= Independent Socialist Workers Party =

The Independent Socialist Party (Neodvislá socialistická strana) was a political party in Czechoslovakia. The party was founded in March 1923. The party included a number of former anarchists, who had joined the Czech Socialist Party in 1918. They had however been expelled from the Czechoslovak Socialist Party in 1923, as they opposed the Defense of the Republic Act. In the Czechoslovak National Assembly, the Independent Socialists formed a joint parliamentary group (Socialist Association) together with the Independent Radical Social Democratic Party of V. Brodecký.
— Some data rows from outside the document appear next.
-- ===== src/Flow/Mangle.antt =====
-- `ra_flow_mangle_eth`, `ra_flow_mangle_ipv4` and `ra_flow_mangle_ports` of
-- drivers/net/ethernet/ralink/ra_ppe_offload.c, against what a pedit action means: a byte under a
-- zero byte of the mask is replaced.
use ralink_fe.Base.{arith, ltb, leb, ◌==◌, ◌!=◌, if◌then◌else◌}
use ralink_fe.Base.{
  ℕ, ◌+◌, ◌-◌, ◌*◌, ◌/◌, ◌%◌, ◌^◌, ◌<◌, ◌≡◌, ◌⊎◌, inl, inr, refl, sym, ap, ◌∙◌, ◌&&◌, List, [], ◌∷◌,
}
use mathlib.Core.Path.{subst}
use ralink_fe.Base.Field.{u32_not}
use ralink_fe.Flow.{Result, ok, err, eopnotsupp, FlowData, swap16, swap32, be_eth_p_ip}

-- `act->mangle`, less the header type.
pub record Mangle : Type 0 where
  pub offset : ℕ  -- u32
  pub mask : ℕ  -- u32
  pub val : ℕ  -- u32

-- Byte `i` of a word in memory.
abbrev pub byte : ℕ → ℕ → ℕ
byte i word = word / 2 ^ (8 * i) % 256

unfoldable pub mangle_eth : Mangle → FlowData → Result FlowData
mangle_eth act d =
    if act.offset == 0
    then (if act.mask != 0
        then err eopnotsupp
        else ok (record d {
          h_dest = record (d.h_dest) {
            m0 = byte 0 act.val;
            m1 = byte 1 act.val;
            m2 = byte 2 act.val;
            m3 = byte 3 act.val;
          };
        }))
    else if act.offset == 4
    then (if act.mask == u32_not 0x0000ffff
        then ok
            (record d { h_dest = record (d.h_dest) { m4 = byte 0 act.val; m5 = byte 1 act.val } })
        else if act.mask == u32_not 0xffff0000
        then ok (record d {
          h_source = record (d.h_source) { m0 = byte 2 act.val; m1 = byte 3 act.val };
        })
        else err eopnotsupp)
    else if act.offset == 8
    then (if act.mask != 0
        then err eopnotsupp
        else ok (record d {
          h_source = record (d.h_source) {
            m2 = byte 0 act.val;
            m3 = byte 1 act.val;
            m4 = byte 2 act.val;
            m5 = byte 3 act.val;
          };
        }))
    else err eopnotsupp

-- `memcpy` to the first four bytes of an address.
abbrev pub put_ipv4 : ℕ → ℕ → ℕ
put_ipv4 addr val = addr / 2 ^ 32 * 2 ^ 32 + val % 2 ^ 32

-- The offsets of `saddr` and `daddr` in `struct iphdr`.
abbrev pub iphdr_saddr : ℕ
iphdr_saddr = 12

abbrev pub iphdr_daddr : ℕ
iphdr_daddr = 16

unfoldable pub mangle_ipv4 : Mangle → FlowData → Result FlowData
mangle_ipv4 act d =
    if d.n_proto != be_eth_p_ip
    then err eopnotsupp
    else if act.mask != 0
    then err eopnotsupp
    else if act.offset == iphdr_saddr
    then ok (record d { new_src_addr = put_ipv4 d.new_src_addr act.val })
    else if act.offset == iphdr_daddr
    then ok (record d { new_dst_addr = put_ipv4 d.new_dst_addr act.val })
    else err eopnotsupp

unfoldable pub mangle_ports : Mangle → FlowData → Result FlowData
mangle_ports act d =
    let val : ℕ = swap32 act.val in
    if act.offset != 0
    then err eopnotsupp
    else if act.mask == u32_not (swap32 0xffff0000)
    then ok (record d { new_src_port = swap16 (val / 2 ^ 16) })
    else if act.mask == u32_not (swap32 0x0000ffff)
    then ok (record d { new_dst_port = swap16 val })
    else err eopnotsupp

-- The addresses of the Ethernet header as they lie in memory.
abbrev pub eth_bytes : FlowData → List ℕ
eth_bytes d =
    d.h_dest.m0 ∷ d.h_dest.m1 ∷ d.h_dest.m2 ∷ d.h_dest.m3 ∷ d.h_dest.m4 ∷ d.h_dest.m5
    ∷ d.h_source.m0 ∷ d.h_source.m1 ∷ d.h_source.m2 ∷ d.h_source.m3 ∷ d.h_source.m4 ∷ d.h_source.m5
    ∷ []

-- What a pedit action makes of the bytes from number `i` on.
abbrev pub pedit : Mangle → ℕ → List ℕ → List ℕ
pedit act i [] = []
pedit act i (b ∷ bytes) =
    (if leb act.offset i && (ltb i (act.offset + 4) && (byte (i - act.offset) act.mask == 0))
      then byte (i - act.offset) act.val
      else b)
    ∷ pedit act (i + 1) bytes

abbrev at : ℕ → ℕ → ℕ → Mangle
at offset mask val = record { offset = offset; mask = mask; val = val }

-- The four rewrites of an Ethernet header that are accepted.
mangle_eth-cases :
    (act : Mangle) (d d' : FlowData)
    → mangle_eth act d ≡ ok d'
    → ((act ≡ at 0 0 act.val) ⊎ (act ≡ at 4 0xffff0000 act.val))
      ⊎ ((act ≡ at 4 0x0000ffff act.val) ⊎ (act ≡ at 8 0 act.val))
unfolding mangle_eth
mangle_eth-cases act d d' h = ground arith

abbrev IsPedit : Mangle → FlowData → FlowData → Type 0
IsPedit act d d' =
    (eth_bytes d' ≡ pedit act 0 (eth_bytes d))
    × (record d' { h_dest = d.h_dest; h_source = d.h_source } ≡ d)

ok-injective : {d d' : FlowData} → ok d ≡ ok d' → d ≡ d'
ok-injective e = ground arith

-- The result of a rewrite is the one that the code computes.
IsPedit-result :
    (act seen : Mangle) (d d' x : FlowData)
    → act ≡ seen
    → mangle_eth act d ≡ ok d'
    → mangle_eth seen d ≡ ok x
    → IsPedit seen d x
    → IsPedit act d d'
IsPedit-result act seen d d' x e h r p =
    subst (λ a. IsPedit a d d') (sym e)
      (subst (IsPedit seen d) (ok-injective (sym r ∙ ap (λ a. mangle_eth a d) (sym e) ∙ h)) p)

-- An Ethernet mangle that is accepted does to the two addresses what the pedit action means, and
-- changes nothing else.
pub mangle_eth_lem :
    (act : Mangle) (d d' : FlowData)
    → mangle_eth act d ≡ ok d'
    → (eth_bytes d' ≡ pedit act 0 (eth_bytes d))
      × (record d' { h_dest = d.h_dest; h_source = d.h_source } ≡ d)
unfolding mangle_eth
mangle_eth_lem act d d' h = elim (mangle_eth-cases act d d' h) [
  | inl (inl e) ↦ IsPedit-result act (at 0 0 act.val) d d' _ e h refl (refl, refl)
  | inl (inr e) ↦ IsPedit-result act (at 4 0xffff0000 act.val) d d' _ e h refl (refl, refl)
  | inr (inl e) ↦ IsPedit-result act (at 4 0x0000ffff act.val) d d' _ e h refl (refl, refl)
  | inr (inr e) ↦ IsPedit-result act (at 8 0 act.val) d d' _ e h refl (refl, refl)
]

-- A port mangle that is accepted replaces one port by its bytes of the value, in the order of the
-- header, and changes nothing else.
pub mangle_ports_lem :
    (act : Mangle) (d d' : FlowData)
    → act.val < 2 ^ 32
    → mangle_ports act d ≡ ok d'
    → (act.offset ≡ 0)
      × (((act.mask ≡ 0xffff0000) × (d' ≡ record d { new_src_port = act.val % 2 ^ 16 }))
          ⊎ ((act.mask ≡ 0x0000ffff) × (d' ≡ record d { new_dst_port = act.val / 2 ^ 16 })))
unfolding mangle_ports swap16 swap32
mangle_ports_lem act d d' small h = ground arith
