-- ===== src/Flow/Match.antt =====
-- `ra_flow_parse_match` of drivers/net/ethernet/ralink/ra_ppe_offload.c. The match of a flower rule
-- is the kernel's: it is a record of what the parser reads of it, and a set of keys is a Boolean for
-- each key.
use ralink_fe.Base.{arith, ◌==◌, ◌!=◌, if◌then◌else◌, bit_or}
use ralink_fe.Base.{ℕ, ◌-◌, ◌/◌, ◌^◌, ◌≡◌, ◌⊎◌, refl, Bool, true, false, not, ◌&&◌, ◌||◌}
use ralink_fe.Flow.{
  Result, ok, err, eopnotsupp, FlowData, swap16, swap32, be_eth_p_ip, be_eth_p_ipv6, ipproto_tcp,
  ipproto_udp,
}
use ralink_fe.Flow.Mangle.{put_ipv4}

-- A value and its mask.
pub record Masked : Type 0 where
  pub key : ℕ
  pub mask : ℕ

-- `enum flow_dissector_key_id`, as far as an address type goes.
pub data AddrType : Type 0 where
  ipv4_addrs ipv6_addrs other_addrs : AddrType

abbrev pub is_ipv4_addrs : AddrType → Bool
is_ipv4_addrs ipv4_addrs = Bool.true
is_ipv4_addrs _ = Bool.false

abbrev pub is_ipv6_addrs : AddrType → Bool
is_ipv6_addrs ipv6_addrs = Bool.true
is_ipv6_addrs _ = Bool.false

pub record Match : Type 0 where
  -- Which keys the rule uses; `unsupported` is any but these.
  pub unsupported : Bool
  pub has_meta : Bool
  pub has_control : Bool
  pub has_basic : Bool
  pub has_ipv4_addrs : Bool
  pub has_ipv6_addrs : Bool
  pub has_ports : Bool
  pub has_tcp : Bool
  pub ingress_iftype_mask : ℕ
  pub l2_miss_mask : ℕ
  pub addr_type : AddrType
  pub addr_type_mask : ℕ
  pub thoff_mask : ℕ
  -- `flow_rule_has_control_flags` of the mask's flags.
  pub has_control_flags : Bool
  pub n_proto : Masked
  pub ip_proto : Masked
  pub ipv4_src : Masked
  pub ipv4_dst : Masked
  pub ipv6_src : Masked
  pub ipv6_dst : Masked
  pub src_port : Masked
  pub dst_port : Masked
  pub tcp_flags : Masked

-- `TCP_FLAG_RST`, `TCP_FLAG_FIN`, which are __be32.
abbrev pub tcp_flag_rst : ℕ
tcp_flag_rst = swap32 0x00040000

abbrev pub tcp_flag_fin : ℕ
tcp_flag_fin = swap32 0x00010000

-- The flags that a TCP rule has to exclude.
abbrev pub expected_flags : ℕ
expected_flags = swap16 (swap32 (bit_or tcp_flag_rst tcp_flag_fin) / 2 ^ 16)

-- The tests up to the protocol.
unfoldable pub match_head : Match → Bool
match_head m =
    not m.unsupported
    && ((m.has_meta && (m.has_control && (m.has_basic && m.has_ports)))
        && (not ((m.ingress_iftype_mask != 0) || (m.l2_miss_mask != 0))
            && ((m.addr_type_mask == 0xffff)
                && (not ((m.thoff_mask != 0) || m.has_control_flags)
                    && (not ((m.n_proto.mask != 0xffff) || (m.ip_proto.mask != 0xff))
                        && ((m.ip_proto.key == ipproto_tcp) || (m.ip_proto.key == ipproto_udp)))))))

-- The `switch` on the network protocol.
unfoldable pub match_addrs : Match → FlowData → Result FlowData
match_addrs m d =
    if d.n_proto == be_eth_p_ip
    then (if not (is_ipv4_addrs m.addr_type) || not m.has_ipv4_addrs
        then err eopnotsupp
        else if (m.ipv4_src.mask != 2 ^ 32 - 1) || (m.ipv4_dst.mask != 2 ^ 32 - 1)
        then err eopnotsupp
        else ok (record d {
          src_addr = put_ipv4 d.src_addr m.ipv4_src.key;
          dst_addr = put_ipv4 d.dst_addr m.ipv4_dst.key;
        }))
    else if d.n_proto == be_eth_p_ipv6
    then (if not (is_ipv6_addrs m.addr_type) || not m.has_ipv6_addrs
        then err eopnotsupp
        else if (m.ipv6_src.mask != 2 ^ 128 - 1) || (m.ipv6_dst.mask != 2 ^ 128 - 1)
        then err eopnotsupp
        else ok (record d { src_addr = m.ipv6_src.key; dst_addr = m.ipv6_dst.key }))
    else err eopnotsupp

-- The ports, and the flags that a TCP rule has and no other.
unfoldable pub match_ports : Match → Result FlowData → Result FlowData
match_ports m (err e) = err e
match_ports m (ok d) =
    let ported : FlowData = record d { src_port = m.src_port.key; dst_port = m.dst_port.key } in
    if (m.src_port.mask != 0xffff) || (m.dst_port.mask != 0xffff)
    then err eopnotsupp
    else if d.l4proto == ipproto_tcp
    then (if not m.has_tcp
        then err eopnotsupp
        else if (m.tcp_flags.key != 0) || (m.tcp_flags.mask != expected_flags)
        then err eopnotsupp
        else ok ported)
    else if m.has_tcp
    then err eopnotsupp
    else ok ported

-- `ra_flow_parse_match`; on an error the data is not used again.
unfoldable pub parse_match : Match → FlowData → Result FlowData
unfolding match_head match_ports match_addrs
parse_match m d =
    if match_head m
    then match_ports m
        (match_addrs m (record d { n_proto = m.n_proto.key; l4proto = m.ip_proto.key }))
    else err eopnotsupp

-- What an accepted rule is: an exact match of the five-tuple, of a TCP flow without FIN and RST or a
-- UDP flow, over one of the two network protocols.
pub record IsExact (m : Match) : Type 0 where
  pub protocol : (m.ip_proto.key ≡ ipproto_tcp) ⊎ (m.ip_proto.key ≡ ipproto_udp)
  pub masks : (m.n_proto.mask ≡ 0xffff) × (m.ip_proto.mask ≡ 0xff)
  pub ports : (m.src_port.mask ≡ 0xffff) × (m.dst_port.mask ≡ 0xffff)
  pub addrs :
      ((m.n_proto.key ≡ be_eth_p_ip)
        × ((m.ipv4_src.mask ≡ 0xffffffff) × (m.ipv4_dst.mask ≡ 0xffffffff)))
      ⊎ ((m.n_proto.key ≡ be_eth_p_ipv6)
          × ((m.ipv6_src.mask ≡ 2 ^ 128 - 1) × (m.ipv6_dst.mask ≡ 2 ^ 128 - 1)))
  pub closing :
      m.ip_proto.key ≡ ipproto_tcp
      → (m.has_tcp ≡ true) × ((m.tcp_flags.key ≡ 0) × (m.tcp_flags.mask ≡ 0x0500))
  pub only_tcp : m.ip_proto.key ≡ ipproto_udp → m.has_tcp ≡ false

-- The parsed tuple is the rule's.
pub record IsTuple (m : Match) (d d' : FlowData) : Type 0 where
  pub proto : (d'.n_proto ≡ m.n_proto.key) × (d'.l4proto ≡ m.ip_proto.key)
  pub ports : (d'.src_port ≡ m.src_port.key) × (d'.dst_port ≡ m.dst_port.key)
  pub ipv4 :
      d'.n_proto ≡ be_eth_p_ip
      → (d'.src_addr ≡ put_ipv4 d.src_addr m.ipv4_src.key)
        × (d'.dst_addr ≡ put_ipv4 d.dst_addr m.ipv4_dst.key)
  pub ipv6 :
      d'.n_proto ≡ be_eth_p_ipv6 → (d'.src_addr ≡ m.ipv6_src.key) × (d'.dst_addr ≡ m.ipv6_dst.key)
  pub kept : (d'.vlan ≡ d.vlan) × ((d'.pppoe ≡ d.pppoe) × (d'.out_dev ≡ d.out_dev))

expected_flags_lem : expected_flags ≡ 0x0500
unfolding swap16 swap32
expected_flags_lem = refl

-- A match that is accepted is exact, and the data holds the rule's tuple.
pub parse_match_lem :
    (m : Match) (d d' : FlowData) → parse_match m d ≡ ok d' → IsExact m × IsTuple m d d'
unfolding parse_match match_head match_ports match_addrs
parse_match_lem m d d' h = (
  record {
    protocol = ground arith;
    masks = ground arith;
    ports = ground arith;
    addrs = ground arith;
    closing = λ tcp. ground (arith, expected_flags_lem);
    only_tcp = λ udp. ground arith;
  },
  record {
    proto = ground arith;
    ports = ground arith;
    ipv4 = λ ip. ground arith;
    ipv6 = λ ip. ground arith;
    kept = ground arith;
  },
)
The two groups were set to merge, but Brodecký's group decided to merge with the Czechoslovak Social Democratic Workers Party. The Independent Socialist Party took the name Independent Socialist Workers Party (Neodvislá socialistická strana dělnická) at a congress in June 1924.

Leading figures of the Independent Socialist Workers Party included Bohuslav Vrbenský, Theodor Bartošek and Luisa Landová-Štychová.

The third congress of the Communist Party of Czechoslovakia, held in September 1925, approved the merger of the Independent Socialist Workers Party into the CPCz. Through the merger between the two parties, a large number of mining workers from Most District joined the CPCz.

The party was a member of the Labour and Socialist International between 1923 and 1933.